WHAT THE EXERCISE ASKS - Look through the data below for the line with "track_name ← string_decode" and the line with "Parses-bind _ (u64_decode-Parses m.last_group_id", then output those two and all lines in between, exactly as written.

DATA UNDER STUDY -
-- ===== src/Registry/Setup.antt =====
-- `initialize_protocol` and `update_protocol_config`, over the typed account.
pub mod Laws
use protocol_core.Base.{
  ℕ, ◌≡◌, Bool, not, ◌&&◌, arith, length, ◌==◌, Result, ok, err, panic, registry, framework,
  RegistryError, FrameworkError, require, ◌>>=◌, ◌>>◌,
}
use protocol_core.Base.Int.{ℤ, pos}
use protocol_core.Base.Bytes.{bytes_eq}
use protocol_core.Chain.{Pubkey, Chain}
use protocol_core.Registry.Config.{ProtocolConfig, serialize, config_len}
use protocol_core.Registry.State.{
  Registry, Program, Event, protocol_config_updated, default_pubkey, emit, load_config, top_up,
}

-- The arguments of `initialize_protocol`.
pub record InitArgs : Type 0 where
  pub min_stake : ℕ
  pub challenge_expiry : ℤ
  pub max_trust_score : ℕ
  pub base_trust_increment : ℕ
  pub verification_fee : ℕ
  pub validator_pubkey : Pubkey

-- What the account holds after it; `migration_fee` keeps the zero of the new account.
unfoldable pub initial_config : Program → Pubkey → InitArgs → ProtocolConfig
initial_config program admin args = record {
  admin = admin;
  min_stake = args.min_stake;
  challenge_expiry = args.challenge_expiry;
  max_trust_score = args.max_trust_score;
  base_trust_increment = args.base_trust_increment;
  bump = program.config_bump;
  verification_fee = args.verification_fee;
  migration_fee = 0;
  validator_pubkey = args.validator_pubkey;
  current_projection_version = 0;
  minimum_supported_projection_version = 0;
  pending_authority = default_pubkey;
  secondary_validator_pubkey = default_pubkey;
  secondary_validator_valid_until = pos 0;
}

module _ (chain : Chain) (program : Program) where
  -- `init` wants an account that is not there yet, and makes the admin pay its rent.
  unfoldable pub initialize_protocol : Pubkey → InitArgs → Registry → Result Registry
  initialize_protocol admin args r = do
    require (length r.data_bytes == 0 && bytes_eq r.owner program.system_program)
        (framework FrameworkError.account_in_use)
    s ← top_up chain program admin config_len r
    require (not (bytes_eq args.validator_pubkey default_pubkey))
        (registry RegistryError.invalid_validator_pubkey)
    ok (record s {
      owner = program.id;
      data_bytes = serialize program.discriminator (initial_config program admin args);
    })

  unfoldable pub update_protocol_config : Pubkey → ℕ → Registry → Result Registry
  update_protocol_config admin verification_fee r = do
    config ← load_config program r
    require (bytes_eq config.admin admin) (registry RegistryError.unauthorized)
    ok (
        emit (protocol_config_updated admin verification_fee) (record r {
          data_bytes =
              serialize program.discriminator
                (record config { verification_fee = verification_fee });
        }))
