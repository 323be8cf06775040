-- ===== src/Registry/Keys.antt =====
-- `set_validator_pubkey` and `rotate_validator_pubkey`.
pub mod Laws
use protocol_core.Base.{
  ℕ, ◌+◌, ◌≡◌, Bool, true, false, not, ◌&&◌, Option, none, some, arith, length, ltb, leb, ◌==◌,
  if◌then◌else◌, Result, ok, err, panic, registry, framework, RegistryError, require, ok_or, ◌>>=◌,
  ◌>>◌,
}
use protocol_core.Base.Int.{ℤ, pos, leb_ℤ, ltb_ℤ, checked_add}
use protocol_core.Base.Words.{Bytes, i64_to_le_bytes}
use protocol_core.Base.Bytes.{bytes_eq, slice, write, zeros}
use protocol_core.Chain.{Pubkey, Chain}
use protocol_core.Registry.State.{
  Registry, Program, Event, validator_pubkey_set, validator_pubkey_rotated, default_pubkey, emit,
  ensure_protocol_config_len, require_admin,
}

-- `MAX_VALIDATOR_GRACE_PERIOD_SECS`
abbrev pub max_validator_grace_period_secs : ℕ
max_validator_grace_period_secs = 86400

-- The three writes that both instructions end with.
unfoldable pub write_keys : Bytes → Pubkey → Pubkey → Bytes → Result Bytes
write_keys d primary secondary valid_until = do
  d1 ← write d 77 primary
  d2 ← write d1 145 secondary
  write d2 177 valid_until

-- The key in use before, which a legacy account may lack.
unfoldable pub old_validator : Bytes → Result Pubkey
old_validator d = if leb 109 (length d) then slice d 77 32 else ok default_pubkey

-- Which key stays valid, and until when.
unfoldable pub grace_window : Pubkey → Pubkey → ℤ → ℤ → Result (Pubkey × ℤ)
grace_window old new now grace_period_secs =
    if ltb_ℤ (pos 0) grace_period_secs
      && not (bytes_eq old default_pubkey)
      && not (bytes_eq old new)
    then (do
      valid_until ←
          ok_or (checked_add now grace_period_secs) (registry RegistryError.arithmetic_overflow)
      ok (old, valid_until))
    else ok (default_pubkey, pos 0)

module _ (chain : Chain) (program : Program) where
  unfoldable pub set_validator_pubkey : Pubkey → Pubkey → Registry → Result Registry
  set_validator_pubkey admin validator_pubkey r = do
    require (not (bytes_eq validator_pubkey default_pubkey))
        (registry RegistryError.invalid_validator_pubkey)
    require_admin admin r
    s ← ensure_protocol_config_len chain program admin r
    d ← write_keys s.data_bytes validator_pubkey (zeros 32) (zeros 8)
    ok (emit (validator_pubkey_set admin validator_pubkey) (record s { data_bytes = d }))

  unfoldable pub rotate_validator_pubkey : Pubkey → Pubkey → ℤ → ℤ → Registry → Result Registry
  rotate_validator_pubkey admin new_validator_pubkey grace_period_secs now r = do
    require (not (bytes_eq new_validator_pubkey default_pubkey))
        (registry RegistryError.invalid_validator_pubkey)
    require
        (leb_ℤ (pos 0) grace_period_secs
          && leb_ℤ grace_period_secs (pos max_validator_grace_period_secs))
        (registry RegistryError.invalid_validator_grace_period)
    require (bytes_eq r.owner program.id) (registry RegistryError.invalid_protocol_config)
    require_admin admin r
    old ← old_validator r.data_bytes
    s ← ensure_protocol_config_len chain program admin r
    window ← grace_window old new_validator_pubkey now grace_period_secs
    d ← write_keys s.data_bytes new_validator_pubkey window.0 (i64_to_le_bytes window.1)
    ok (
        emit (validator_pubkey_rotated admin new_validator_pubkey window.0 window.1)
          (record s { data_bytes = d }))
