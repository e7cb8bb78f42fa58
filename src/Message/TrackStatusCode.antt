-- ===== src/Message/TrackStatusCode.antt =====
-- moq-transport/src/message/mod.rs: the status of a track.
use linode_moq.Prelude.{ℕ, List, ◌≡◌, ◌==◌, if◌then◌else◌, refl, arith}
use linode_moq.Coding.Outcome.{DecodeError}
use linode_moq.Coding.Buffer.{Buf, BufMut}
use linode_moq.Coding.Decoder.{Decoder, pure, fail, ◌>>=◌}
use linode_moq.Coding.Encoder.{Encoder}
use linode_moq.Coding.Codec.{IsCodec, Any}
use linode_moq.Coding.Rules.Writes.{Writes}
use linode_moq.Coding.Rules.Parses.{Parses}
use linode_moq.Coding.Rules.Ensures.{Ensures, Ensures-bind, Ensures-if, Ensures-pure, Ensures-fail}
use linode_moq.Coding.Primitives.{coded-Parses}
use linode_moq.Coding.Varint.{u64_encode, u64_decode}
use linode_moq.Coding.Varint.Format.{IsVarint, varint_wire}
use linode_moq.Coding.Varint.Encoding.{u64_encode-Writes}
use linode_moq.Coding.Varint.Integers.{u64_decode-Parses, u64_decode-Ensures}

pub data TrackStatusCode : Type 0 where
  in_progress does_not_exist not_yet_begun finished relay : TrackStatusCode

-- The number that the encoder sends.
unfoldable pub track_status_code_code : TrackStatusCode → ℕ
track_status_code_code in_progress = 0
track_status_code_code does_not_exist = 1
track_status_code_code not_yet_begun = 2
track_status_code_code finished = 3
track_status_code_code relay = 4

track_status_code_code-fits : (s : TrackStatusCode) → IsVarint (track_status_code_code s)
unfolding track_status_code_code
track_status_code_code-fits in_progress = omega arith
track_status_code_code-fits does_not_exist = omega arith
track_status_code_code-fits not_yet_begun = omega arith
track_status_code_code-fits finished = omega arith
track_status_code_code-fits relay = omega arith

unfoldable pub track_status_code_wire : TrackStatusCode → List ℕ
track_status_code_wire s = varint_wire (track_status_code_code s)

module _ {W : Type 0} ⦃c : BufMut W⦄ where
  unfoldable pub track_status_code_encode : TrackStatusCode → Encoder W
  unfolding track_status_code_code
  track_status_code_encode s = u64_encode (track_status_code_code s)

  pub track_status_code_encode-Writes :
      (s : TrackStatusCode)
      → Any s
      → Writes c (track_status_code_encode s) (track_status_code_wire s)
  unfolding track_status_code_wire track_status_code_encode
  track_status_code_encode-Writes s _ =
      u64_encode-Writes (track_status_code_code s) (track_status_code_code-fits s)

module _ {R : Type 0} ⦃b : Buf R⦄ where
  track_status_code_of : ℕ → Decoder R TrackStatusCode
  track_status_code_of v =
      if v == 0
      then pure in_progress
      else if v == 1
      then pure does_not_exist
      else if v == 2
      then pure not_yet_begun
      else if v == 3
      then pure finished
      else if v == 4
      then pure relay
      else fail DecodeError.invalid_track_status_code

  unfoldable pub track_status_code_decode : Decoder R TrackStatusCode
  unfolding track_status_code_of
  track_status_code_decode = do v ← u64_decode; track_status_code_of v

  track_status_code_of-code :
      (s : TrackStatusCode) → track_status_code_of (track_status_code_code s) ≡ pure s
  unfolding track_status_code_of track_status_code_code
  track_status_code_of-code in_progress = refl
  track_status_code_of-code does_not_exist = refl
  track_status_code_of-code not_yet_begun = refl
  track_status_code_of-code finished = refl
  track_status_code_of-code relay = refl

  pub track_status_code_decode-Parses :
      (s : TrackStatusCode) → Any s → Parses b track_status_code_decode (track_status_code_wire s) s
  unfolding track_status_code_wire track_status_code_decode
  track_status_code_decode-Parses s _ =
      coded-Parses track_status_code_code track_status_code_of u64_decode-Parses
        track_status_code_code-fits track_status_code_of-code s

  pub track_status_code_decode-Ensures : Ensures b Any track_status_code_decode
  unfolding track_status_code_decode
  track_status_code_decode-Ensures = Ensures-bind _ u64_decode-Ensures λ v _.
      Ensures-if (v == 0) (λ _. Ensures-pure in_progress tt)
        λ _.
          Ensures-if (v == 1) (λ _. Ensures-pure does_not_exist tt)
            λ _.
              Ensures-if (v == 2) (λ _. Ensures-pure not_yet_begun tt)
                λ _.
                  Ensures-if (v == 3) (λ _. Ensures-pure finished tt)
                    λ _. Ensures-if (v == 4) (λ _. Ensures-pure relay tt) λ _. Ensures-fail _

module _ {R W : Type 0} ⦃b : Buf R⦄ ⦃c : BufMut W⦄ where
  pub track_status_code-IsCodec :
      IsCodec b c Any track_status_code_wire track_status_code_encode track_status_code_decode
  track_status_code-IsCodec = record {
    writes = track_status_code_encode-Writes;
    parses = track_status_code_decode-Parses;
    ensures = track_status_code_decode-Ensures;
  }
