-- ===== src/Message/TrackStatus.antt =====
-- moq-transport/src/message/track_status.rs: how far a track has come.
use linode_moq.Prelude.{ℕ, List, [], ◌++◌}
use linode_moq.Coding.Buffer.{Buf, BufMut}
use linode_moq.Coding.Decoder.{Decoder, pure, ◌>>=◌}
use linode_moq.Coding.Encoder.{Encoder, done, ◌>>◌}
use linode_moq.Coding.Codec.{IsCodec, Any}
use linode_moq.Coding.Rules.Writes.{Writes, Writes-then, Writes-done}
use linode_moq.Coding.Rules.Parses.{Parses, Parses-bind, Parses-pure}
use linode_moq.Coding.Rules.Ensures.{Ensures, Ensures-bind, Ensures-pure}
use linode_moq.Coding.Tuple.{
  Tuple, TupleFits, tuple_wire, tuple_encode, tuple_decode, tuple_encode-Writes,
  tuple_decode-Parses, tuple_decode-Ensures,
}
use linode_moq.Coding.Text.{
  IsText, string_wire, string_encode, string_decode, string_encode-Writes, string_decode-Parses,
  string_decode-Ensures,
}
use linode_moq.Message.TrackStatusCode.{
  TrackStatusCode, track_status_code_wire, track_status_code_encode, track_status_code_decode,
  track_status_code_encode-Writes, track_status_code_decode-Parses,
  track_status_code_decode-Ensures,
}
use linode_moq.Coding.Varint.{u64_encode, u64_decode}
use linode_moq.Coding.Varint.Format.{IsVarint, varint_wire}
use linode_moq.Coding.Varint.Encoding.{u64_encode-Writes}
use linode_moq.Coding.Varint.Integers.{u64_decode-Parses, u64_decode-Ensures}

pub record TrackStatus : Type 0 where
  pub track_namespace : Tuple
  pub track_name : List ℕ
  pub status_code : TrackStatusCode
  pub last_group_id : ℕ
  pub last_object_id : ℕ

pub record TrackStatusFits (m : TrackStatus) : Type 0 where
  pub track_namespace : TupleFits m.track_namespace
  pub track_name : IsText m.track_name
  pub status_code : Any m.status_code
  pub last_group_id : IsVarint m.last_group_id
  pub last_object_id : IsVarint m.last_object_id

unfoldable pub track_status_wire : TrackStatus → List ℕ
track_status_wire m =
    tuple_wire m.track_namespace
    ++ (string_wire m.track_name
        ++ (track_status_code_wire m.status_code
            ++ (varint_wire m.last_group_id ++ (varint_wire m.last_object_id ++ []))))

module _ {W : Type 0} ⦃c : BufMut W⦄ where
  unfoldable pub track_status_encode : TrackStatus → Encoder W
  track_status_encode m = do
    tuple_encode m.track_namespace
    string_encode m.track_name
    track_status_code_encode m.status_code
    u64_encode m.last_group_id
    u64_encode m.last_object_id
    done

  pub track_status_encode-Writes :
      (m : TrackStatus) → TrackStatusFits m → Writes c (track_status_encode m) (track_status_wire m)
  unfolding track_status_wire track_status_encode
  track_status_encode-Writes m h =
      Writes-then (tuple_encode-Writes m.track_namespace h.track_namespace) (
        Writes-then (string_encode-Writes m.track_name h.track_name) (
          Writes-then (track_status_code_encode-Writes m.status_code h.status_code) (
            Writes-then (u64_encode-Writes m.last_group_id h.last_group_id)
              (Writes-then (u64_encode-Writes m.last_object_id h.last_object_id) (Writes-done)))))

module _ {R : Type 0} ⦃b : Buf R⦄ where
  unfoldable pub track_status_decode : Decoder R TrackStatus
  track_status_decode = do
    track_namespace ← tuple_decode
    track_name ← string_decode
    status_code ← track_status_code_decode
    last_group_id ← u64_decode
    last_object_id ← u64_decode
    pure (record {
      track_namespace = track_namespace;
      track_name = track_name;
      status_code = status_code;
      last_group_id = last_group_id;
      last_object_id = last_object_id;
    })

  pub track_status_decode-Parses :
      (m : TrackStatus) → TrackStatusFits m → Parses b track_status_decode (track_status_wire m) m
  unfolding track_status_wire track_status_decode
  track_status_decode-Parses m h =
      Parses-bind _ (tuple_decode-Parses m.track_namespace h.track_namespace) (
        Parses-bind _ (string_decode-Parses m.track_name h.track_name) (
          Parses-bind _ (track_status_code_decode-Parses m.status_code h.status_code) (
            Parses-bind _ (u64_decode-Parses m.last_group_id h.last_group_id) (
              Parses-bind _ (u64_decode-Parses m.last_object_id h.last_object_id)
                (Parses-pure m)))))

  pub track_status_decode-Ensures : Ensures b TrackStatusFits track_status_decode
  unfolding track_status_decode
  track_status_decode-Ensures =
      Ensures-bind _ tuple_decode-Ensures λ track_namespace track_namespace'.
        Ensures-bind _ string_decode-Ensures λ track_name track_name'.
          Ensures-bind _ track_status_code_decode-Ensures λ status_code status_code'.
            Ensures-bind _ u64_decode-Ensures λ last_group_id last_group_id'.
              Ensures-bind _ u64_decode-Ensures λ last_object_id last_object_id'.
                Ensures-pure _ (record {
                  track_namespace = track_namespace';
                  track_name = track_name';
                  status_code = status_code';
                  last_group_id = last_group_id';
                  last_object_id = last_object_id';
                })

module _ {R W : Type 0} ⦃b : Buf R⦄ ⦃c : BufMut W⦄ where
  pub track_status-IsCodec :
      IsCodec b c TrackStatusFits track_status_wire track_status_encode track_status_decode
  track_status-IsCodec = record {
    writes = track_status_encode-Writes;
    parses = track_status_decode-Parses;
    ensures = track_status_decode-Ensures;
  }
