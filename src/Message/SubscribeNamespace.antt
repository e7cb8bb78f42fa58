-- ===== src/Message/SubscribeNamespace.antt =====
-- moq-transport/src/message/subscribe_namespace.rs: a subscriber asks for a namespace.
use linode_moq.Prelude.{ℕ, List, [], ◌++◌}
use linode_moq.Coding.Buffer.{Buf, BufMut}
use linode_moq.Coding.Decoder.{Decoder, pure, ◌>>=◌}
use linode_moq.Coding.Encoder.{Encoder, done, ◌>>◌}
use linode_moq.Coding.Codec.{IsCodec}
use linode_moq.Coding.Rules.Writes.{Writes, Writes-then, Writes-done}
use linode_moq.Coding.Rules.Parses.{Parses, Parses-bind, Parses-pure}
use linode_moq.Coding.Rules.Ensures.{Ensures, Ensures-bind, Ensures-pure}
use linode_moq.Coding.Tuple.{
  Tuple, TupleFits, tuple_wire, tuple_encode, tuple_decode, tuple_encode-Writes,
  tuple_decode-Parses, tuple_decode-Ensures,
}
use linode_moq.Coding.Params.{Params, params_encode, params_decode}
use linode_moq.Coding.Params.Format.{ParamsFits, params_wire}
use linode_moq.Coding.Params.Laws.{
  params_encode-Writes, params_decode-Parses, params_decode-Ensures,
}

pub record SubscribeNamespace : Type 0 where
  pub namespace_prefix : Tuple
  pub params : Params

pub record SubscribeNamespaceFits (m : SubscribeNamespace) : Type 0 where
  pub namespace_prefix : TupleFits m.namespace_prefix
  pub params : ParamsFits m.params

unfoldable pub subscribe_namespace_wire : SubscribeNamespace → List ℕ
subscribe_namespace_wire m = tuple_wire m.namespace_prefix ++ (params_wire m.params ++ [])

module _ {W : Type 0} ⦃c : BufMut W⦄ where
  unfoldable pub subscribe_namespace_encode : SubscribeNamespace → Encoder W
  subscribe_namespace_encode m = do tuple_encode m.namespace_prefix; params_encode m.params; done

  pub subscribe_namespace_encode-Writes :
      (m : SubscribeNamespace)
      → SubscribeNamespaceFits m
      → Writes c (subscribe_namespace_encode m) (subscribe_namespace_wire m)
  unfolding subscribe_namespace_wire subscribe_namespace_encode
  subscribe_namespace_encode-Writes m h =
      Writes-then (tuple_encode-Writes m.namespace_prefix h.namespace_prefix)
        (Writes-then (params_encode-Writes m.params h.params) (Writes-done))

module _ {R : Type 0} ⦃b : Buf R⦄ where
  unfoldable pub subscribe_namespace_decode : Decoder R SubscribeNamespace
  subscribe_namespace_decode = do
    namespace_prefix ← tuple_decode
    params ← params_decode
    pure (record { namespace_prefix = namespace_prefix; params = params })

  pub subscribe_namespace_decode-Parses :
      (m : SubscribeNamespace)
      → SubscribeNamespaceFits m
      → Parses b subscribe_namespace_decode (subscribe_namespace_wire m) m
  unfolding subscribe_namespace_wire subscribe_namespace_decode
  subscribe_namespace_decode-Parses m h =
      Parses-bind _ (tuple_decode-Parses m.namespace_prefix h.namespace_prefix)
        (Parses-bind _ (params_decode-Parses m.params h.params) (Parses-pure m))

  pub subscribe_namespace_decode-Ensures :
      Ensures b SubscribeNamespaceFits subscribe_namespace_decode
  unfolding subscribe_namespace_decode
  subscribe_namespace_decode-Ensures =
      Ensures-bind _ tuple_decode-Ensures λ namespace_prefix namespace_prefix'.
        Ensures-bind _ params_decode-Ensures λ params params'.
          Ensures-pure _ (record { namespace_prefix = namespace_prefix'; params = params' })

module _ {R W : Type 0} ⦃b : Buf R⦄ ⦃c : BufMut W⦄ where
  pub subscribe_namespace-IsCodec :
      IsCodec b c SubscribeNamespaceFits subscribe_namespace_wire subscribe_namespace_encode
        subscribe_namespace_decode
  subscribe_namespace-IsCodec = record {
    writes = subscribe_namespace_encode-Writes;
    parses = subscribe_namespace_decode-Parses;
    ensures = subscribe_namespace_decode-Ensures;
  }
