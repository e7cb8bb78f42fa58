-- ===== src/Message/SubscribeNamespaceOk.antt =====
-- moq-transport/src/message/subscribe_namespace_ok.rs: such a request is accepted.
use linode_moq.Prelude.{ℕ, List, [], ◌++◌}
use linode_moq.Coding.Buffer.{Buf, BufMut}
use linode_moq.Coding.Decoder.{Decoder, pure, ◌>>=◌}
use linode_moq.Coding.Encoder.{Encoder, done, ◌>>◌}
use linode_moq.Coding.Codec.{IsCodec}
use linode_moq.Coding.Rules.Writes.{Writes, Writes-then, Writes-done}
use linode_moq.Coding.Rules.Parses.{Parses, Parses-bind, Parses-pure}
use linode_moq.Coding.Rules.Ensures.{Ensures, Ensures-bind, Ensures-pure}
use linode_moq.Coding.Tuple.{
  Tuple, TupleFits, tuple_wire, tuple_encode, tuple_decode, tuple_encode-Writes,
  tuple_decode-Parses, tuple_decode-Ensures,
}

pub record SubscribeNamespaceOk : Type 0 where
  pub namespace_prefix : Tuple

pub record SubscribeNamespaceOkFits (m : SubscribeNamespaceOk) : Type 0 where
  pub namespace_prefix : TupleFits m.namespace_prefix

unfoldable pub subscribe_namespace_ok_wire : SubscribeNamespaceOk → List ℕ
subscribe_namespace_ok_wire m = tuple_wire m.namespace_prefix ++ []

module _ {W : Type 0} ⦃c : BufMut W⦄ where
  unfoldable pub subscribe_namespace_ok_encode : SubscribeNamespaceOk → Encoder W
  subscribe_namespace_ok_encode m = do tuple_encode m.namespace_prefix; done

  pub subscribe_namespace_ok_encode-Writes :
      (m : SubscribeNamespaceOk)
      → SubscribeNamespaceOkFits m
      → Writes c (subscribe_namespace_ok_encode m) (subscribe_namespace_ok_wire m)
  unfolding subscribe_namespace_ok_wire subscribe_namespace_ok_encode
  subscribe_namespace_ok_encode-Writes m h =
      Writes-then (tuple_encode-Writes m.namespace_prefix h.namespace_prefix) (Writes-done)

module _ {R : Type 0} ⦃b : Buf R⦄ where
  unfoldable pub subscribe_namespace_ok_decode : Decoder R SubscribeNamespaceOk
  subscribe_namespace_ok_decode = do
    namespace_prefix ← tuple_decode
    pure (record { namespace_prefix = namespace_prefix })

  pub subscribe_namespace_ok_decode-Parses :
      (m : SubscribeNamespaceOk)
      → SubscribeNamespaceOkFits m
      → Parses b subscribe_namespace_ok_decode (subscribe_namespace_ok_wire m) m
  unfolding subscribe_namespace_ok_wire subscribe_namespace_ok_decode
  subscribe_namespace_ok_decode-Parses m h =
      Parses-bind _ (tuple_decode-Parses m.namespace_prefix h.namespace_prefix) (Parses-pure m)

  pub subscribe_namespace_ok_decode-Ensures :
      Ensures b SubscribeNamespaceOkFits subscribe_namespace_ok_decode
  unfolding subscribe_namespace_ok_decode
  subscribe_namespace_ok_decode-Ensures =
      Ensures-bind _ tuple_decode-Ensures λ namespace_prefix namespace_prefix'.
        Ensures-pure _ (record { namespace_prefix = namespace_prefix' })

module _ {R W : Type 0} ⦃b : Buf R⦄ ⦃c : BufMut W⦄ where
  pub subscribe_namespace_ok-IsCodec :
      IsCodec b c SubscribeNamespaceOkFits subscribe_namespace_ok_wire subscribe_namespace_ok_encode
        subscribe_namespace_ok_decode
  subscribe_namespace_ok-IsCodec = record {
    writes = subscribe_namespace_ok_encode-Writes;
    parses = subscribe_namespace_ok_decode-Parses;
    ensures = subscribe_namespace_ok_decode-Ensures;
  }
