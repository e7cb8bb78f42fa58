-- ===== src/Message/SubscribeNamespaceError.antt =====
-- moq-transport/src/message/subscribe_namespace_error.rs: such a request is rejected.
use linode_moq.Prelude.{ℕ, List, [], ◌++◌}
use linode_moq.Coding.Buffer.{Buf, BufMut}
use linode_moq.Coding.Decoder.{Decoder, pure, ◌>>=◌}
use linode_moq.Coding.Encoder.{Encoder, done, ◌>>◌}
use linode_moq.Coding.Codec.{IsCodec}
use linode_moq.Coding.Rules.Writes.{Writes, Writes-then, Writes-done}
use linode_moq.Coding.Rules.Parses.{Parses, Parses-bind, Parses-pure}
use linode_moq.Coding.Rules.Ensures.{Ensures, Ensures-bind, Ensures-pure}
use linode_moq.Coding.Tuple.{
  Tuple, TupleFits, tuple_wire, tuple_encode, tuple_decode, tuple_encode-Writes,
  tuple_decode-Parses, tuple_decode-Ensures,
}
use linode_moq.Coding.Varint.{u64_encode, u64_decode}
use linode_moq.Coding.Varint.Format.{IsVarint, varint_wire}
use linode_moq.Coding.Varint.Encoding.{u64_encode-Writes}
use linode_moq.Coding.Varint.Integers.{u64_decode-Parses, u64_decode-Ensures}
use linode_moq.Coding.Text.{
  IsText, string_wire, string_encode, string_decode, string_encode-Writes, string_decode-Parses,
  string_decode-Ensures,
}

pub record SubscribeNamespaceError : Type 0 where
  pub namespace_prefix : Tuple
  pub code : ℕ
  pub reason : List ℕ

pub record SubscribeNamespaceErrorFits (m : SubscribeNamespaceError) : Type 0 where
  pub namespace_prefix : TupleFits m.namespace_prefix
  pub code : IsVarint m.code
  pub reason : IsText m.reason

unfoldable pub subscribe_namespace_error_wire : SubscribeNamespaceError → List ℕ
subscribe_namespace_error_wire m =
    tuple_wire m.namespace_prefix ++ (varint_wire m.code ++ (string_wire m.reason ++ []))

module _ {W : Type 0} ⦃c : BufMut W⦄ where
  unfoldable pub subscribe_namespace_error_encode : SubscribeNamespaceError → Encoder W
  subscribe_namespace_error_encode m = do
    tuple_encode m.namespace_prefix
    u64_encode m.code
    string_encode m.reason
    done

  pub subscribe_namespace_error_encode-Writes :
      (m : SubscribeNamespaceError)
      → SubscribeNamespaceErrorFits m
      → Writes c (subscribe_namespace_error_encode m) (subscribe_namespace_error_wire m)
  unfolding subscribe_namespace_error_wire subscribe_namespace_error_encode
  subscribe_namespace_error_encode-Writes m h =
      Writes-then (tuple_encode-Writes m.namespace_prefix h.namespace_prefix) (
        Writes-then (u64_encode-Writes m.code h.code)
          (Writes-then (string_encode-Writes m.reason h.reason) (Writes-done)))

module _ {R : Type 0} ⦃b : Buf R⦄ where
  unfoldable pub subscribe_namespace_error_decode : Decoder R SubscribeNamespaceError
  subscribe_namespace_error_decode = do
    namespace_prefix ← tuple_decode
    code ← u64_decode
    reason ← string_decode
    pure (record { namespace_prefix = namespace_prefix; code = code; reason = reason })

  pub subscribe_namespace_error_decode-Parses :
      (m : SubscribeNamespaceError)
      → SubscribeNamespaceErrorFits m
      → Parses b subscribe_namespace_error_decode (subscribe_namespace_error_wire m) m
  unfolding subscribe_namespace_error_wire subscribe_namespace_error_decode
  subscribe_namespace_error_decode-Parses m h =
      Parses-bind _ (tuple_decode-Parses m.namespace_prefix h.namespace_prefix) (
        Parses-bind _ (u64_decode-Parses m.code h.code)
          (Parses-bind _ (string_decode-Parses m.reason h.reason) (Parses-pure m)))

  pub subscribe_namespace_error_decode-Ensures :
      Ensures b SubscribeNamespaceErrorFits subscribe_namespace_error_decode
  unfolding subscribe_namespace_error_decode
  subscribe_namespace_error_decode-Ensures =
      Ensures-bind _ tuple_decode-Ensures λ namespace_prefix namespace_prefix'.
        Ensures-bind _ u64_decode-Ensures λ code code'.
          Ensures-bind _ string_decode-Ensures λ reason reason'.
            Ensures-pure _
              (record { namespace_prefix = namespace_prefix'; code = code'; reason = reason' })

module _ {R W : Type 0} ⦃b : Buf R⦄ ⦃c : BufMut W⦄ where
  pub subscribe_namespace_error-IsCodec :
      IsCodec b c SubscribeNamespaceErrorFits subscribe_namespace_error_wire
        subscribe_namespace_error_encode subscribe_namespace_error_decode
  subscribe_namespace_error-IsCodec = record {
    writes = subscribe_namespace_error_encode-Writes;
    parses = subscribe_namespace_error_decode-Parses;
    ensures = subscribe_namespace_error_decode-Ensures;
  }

WRITTEN ANSWER -
    track_name ← string_decode
    status_code ← track_status_code_decode
    last_group_id ← u64_decode
    last_object_id ← u64_decode
    pure (record {
      track_namespace = track_namespace;
      track_name = track_name;
      status_code = status_code;
      last_group_id = last_group_id;
      last_object_id = last_object_id;
    })

  pub track_status_decode-Parses :
      (m : TrackStatus) → TrackStatusFits m → Parses b track_status_decode (track_status_wire m) m
  unfolding track_status_wire track_status_decode
  track_status_decode-Parses m h =
      Parses-bind _ (tuple_decode-Parses m.track_namespace h.track_namespace) (
        Parses-bind _ (string_decode-Parses m.track_name h.track_name) (
          Parses-bind _ (track_status_code_decode-Parses m.status_code h.status_code) (
            Parses-bind _ (u64_decode-Parses m.last_group_id h.last_group_id) (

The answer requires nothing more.